Some time ago as I sat in church waiting for the morning service to begin I began to page through the Psalter. Not looking for anything specific I began with the first number and went through it page by page. As I went along I realized very quickly that for many of the songs I could immediately determine the tune in my head and knew many of the words without even looking. I remember as a young boy one of my teachers saying that when we were older we would know many of the songs in the Psalter. In fact, she told us there were many elderly saints who knew them all by heart. Well, I could hardly imagine that this could be possible. I had a difficult time imagining having to learn one single song in its entirety much less the entire Psalter. I was pretty sure she was just trying to give us some motivation to learn the particular song we were working on and it wasn’t really working for me. Eventually though, I learned that song and many, many others.

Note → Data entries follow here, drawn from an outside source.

-- ===== src/Slave/Servers.antt =====
-- The three servers of cmd/slave/slave.go, which share the counts of rate_limit/perip.go: the Xatum
-- server of xatum/server/server.go, the Stratum server of cmd/slave/stratum.go and the getwork
-- server of cmd/slave/getwork.go. Each operation is one step here; in the code the Stratum server
-- lists a new connection, and `sendPingPackets` kicks one, without the mutex of the server.
pub mod Counts
use xelis_pool.Common.{ℕ, ◌+◌, ◌%◌, ◌^◌, ◌≡◌, Bool, Option, List, [], ◌∷◌, ◌++◌, length, map}
use xelis_pool.Common.Bytes.{Bytes}
use xelis_pool.RateLimit.{Limiter, Conns}
use xelis_pool.Xatum.{Connection, accept_conn, kick_conn}
use xelis_pool.Xatum
use xelis_pool.Slave.Packet.{Decoder, MemJob, JobToSend}
use xelis_pool.Slave.Packets.{send_stats}
use xelis_pool.Slave.Stratum.{StratumConn}
use xelis_pool.Slave.Stratum
use xelis_pool.Slave.Stratum.Server
use xelis_pool.Slave.Stratum.Reach
use xelis_pool.Slave.Getwork.{GetworkConn, join, start, send_getwork_jobs, ws_message}
use xelis_pool.Slave.Getwork
use xelis_pool.Master.Float.{Float}

module _ (float : Float) where
  open float use {F}

  pub record Servers : Type 0 where
    pub xatum : List Connection
    pub stratum : List (StratumConn float)
    pub getwork : List (GetworkConn float)
    pub open_conns : Conns

  -- Each server sees its own connections and the shared counts.
  abbrev pub xatum_of : Servers → Xatum.Server
  xatum_of s = record { connections = s.xatum; open_conns = s.open_conns }

  abbrev pub stratum_of : Servers → Server.Served float
  stratum_of s = record { conns = s.stratum; open_conns = s.open_conns }

  abbrev pub getwork_of : Servers → Getwork.Served float
  getwork_of s = record { conns = s.getwork; open_conns = s.open_conns }

  abbrev pub with_xatum : Servers → Xatum.Server → Servers
  with_xatum s x = record s { xatum = x.connections; open_conns = x.open_conns }

  abbrev pub with_stratum : Servers → Server.Served float → Servers
  with_stratum s x = record s { stratum = x.conns; open_conns = x.open_conns }

  abbrev pub with_getwork : Servers → Getwork.Served float → Servers
  with_getwork s x = record s { getwork = x.conns; open_conns = x.open_conns }

  -- `statsSender`: the message with the numbers of connections.
  unfoldable pub stats_sender : Servers → Bytes
  unfolding send_stats
  stats_sender s = send_stats (length s.xatum + length s.stratum) (length s.getwork)

  module _ (is_valid : Bytes → Bool) (decoder : Decoder) (stratum_json : Stratum.Json)
      (getwork_json : Getwork.Json) (pool_nonce : Bytes)
      (min_difficulty initial_difficulty : ℕ) where
    abbrev pub StratumStep : Server.Served float → Server.Served float → Type 0
    StratumStep =
        Reach.Step float stratum_json decoder is_valid pool_nonce min_difficulty initial_difficulty

    -- What the servers do: connections arrive, are kicked or refused, handle what their miners send,
    -- and get the jobs of the daemon. The arguments are those of the operations.
    pub data Step (s : Servers) : Servers → Type 0 where
      xatum_arrives :
          (now : ℕ) (c : Connection) (l : Limiter)
          → Step s (with_xatum s (accept_conn now c l (xatum_of s)).1)
      xatum_kicks : (id : ℕ) → Step s (with_xatum s (kick_conn id (xatum_of s)))
      stratum_steps :
          {x : Server.Served float} → StratumStep (stratum_of s) x → Step s (with_stratum s x)
      getwork_joins :
          (now now_ms : ℕ) (ip addr : Bytes) (l : Limiter)
          → Step s (
              with_getwork s
                (join float is_valid min_difficulty now now_ms ip addr l (getwork_of s)).0.1)
      getwork_sends :
          (seconds : F) (random : ℕ → Bytes) (written : ℕ → Bool) (diff : ℕ)
          (blob algorithm : Bytes)
          → Step s (
              with_getwork s (
                send_getwork_jobs float min_difficulty pool_nonce seconds random written diff blob
                  algorithm
                  (getwork_of s)))
      getwork_starts :
          (seconds : F) (random : Bytes) (upgraded : Bool) (last : MemJob) (l : Limiter)
          (before behind : List (GetworkConn float)) (c : GetworkConn float)
          → s.getwork ≡ before ++ (c ∷ behind)
          → Step s (record s {
            getwork =
                before
                ++ ((start float min_difficulty pool_nonce seconds random upgraded last l c).conn
                    ∷ behind);
          })
      getwork_handles :
          (last : MemJob) (first_algorithm : Bytes) (now now_ms : ℕ) (late : JobToSend)
          (seconds : F) (random : Bytes) (received : ℕ) (read : Option Bytes) (written : Bool)
          (l : Limiter) (before behind : List (GetworkConn float)) (c : GetworkConn float)
          → s.getwork ≡ before ++ (c ∷ behind)
          → Step s (record s {
            getwork =
                before
                ++ ((ws_message float min_difficulty pool_nonce getwork_json decoder is_valid last
                      first_algorithm now now_ms late seconds random received read written l c).conn
                    ∷ behind);
          })

    pub data Reachable (s : Servers) : Servers → Type 0 where
      here : Reachable s s
      next : {t u : Servers} → Reachable s t → Step t u → Reachable s u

It wasn’t long before I realized that as I went along I was reliving a number of memories. In fact, many of the songs I turned to held very specific memories while others were a bit more general. All in all however, it seemed to me that rather than simply paging through the Psalter, I was paging through my own personal memory book. These seem to be the rage lately and I must admit they are very nice. Many women and girls even attend parties that center around the making of these books. If you have never seen one, they are similar to a photo album except a little more detailed and decked out with fancy borders, poems, and other writing. Although the memory book I held in my hands didn’t have the visual frills that one of these memory books might have, the memories it evoked were and are very precious. Allow me to share some of them with you.

#1 – One of the very first songs I learned as a boy in school. I recall the teacher explaining how we were like trees planted by the riverside, nourished and taken care of by God.

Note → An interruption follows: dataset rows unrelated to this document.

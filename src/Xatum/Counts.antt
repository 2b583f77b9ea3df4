-- ===== src/Xatum/Counts.antt =====
-- The counts per IP that xatum/server/server.go keeps, next to those of other servers.
use xelis_pool.Common.{
  ℕ, ◌+◌, ◌%◌, ◌^◌, ◌≡◌, ap, List, [], ◌∷◌, ◌++◌, arith, Bool-cases, inl, inr, if◌then◌else◌,
}
use xelis_pool.Common.Bytes.{Bytes, ◌=?◌, =?_iff}
use xelis_pool.Common.Assoc.{lookup_or-insert}
use xelis_pool.RateLimit.{Conns, Limiter, conns_of, can_connect, can_do_action, disconnect}
use xelis_pool.RateLimit.Connections.{IsBounded, can_connect-IsBounded, disconnect-IsBounded}
use xelis_pool.Xatum.{Connection, kick, kick_conn, action_connect, accept_conn, handle_connection}
use xelis_pool.Xatum
use xelis_pool.Xatum.Kicks.{open_from, counted}

open_from-append :
    (ip : Bytes) (xs : List Connection) (c : Connection)
    → open_from ip (xs ++ (c ∷ [])) ≡ open_from ip xs + (if c.ip =? ip then 1 else 0)
unfolding open_from
open_from-append ip [] c = omega arith
open_from-append ip (x ∷ xs) c = omega (arith, open_from-append ip xs c)

-- A count that covers the connections of the server and of `others`, and stays within the limit.
module _ (others : Bytes → ℕ) where
  abbrev pub IsCounted : Xatum.Server → Type 0
  IsCounted s =
      ((ip : Bytes) → conns_of ip s.open_conns ≡ others ip + open_from ip s.connections)
      × IsBounded s.open_conns

  handle_connection-counted :
      (c : Connection) (s : Xatum.Server) (ip : Bytes)
      → conns_of ip s.open_conns ≡ others ip + open_from ip s.connections
      → conns_of ip (handle_connection c s).open_conns
        ≡ others ip + open_from ip (handle_connection c s).connections
  unfolding handle_connection can_connect
  handle_connection-counted c s ip h = ground (
    arith,
    =?_iff c.ip ip,
    cong,
    open_from-append ip s.connections c,
    lookup_or-insert 0 c.ip ip ((conns_of c.ip s.open_conns + 1) % 2 ^ 32) s.open_conns,
  )
    where
      cong : c.ip ≡ ip → conns_of c.ip s.open_conns ≡ conns_of ip s.open_conns
      cong p = ap (λ k. conns_of k s.open_conns) p

  handle_connection-IsBounded :
      (c : Connection) (s : Xatum.Server)
      → IsBounded s.open_conns
      → IsBounded (handle_connection c s).open_conns
  unfolding handle_connection
  handle_connection-IsBounded c s h ip =
      ground (arith, h ip, can_connect-IsBounded c.ip s.open_conns h ip)

  pub accept_conn-IsCounted :
      (now : ℕ) (c : Connection) (l : Limiter) (s : Xatum.Server)
      → IsCounted s
      → IsCounted (accept_conn now c l s).1
  unfolding accept_conn
  accept_conn-IsCounted now c l s h =
      elim (Bool-cases (can_do_action c.ip action_connect now l).1) [
        | inl allowed ↦
            rw (allowed, accept_conn)
              (λ ip. handle_connection-counted c s ip (h.0 ip), handle_connection-IsBounded c s h.1)
        | inr refused ↦ rw (refused, accept_conn) h
      ]

  kick-IsBounded :
      (k : ℕ) (vs : List Connection) (m : Conns) → IsBounded m → IsBounded (kick k vs m).1
  unfolding kick
  kick-IsBounded k [] m h ip = h ip
  kick-IsBounded k (v ∷ vs) m h ip = ground (
    arith,
    kick-IsBounded k vs m h ip,
    kick-IsBounded k vs (disconnect v.ip m) (disconnect-IsBounded v.ip m h) ip,
  )

  pub kick_conn-IsCounted : (k : ℕ) (s : Xatum.Server) → IsCounted s → IsCounted (kick_conn k s)
  unfolding kick_conn
  kick_conn-IsCounted k s h = (
    λ ip. counted ip k (others ip) s.connections s.open_conns (h.0 ip),
    kick-IsBounded k s.connections s.open_conns h.1,
  )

#7 – Another of the early songs I learned. Each time we sang it I would picture a hallway with large pocket watches that didn’t work floating by. It wasn’t until I was older that I realized that the watches spoken of in the song were not those that told time.

#27 – I remember the Sunday school kids singing this song at the dedication of the new church building in Holland a few years ago. I was struck very deeply by the last verse, “The lines are fallen unto me in places large and fair; a goodly heritage is mine, marked out with gracious care.” I was a member of Holland PRC all my life until about 2 years ago when we transferred to Faith PRC. The saints there will always hold a special place in my heart.

#29 – There are times in this life when it seems that I simply can’t wait to go home as I am sure is the case with all children of God. It may be after a particularly difficult day or week or maybe even an especially moving sermon. Whatever the case, this song often comes to mind and brings great comfort when that longing embraces my heart.

#53 – Which of us didn’t learn the words to this song as children and yet not fully understand and come to love them deeply until we had grown older? What incredible comfort there is in knowing and confessing that the Lord is our Shepherd.

#55 – I chose this song for a song service in Holland some years ago specifically because a number of saints there were going through difficulties. I recall having a difficult time reading the first line of the first verse (“The Lord my Shepherd holds me within His tender care, and with His flock He folds me, No want shall find me there.”) because I so hoped that God would use those words to bring comfort to all who needed it.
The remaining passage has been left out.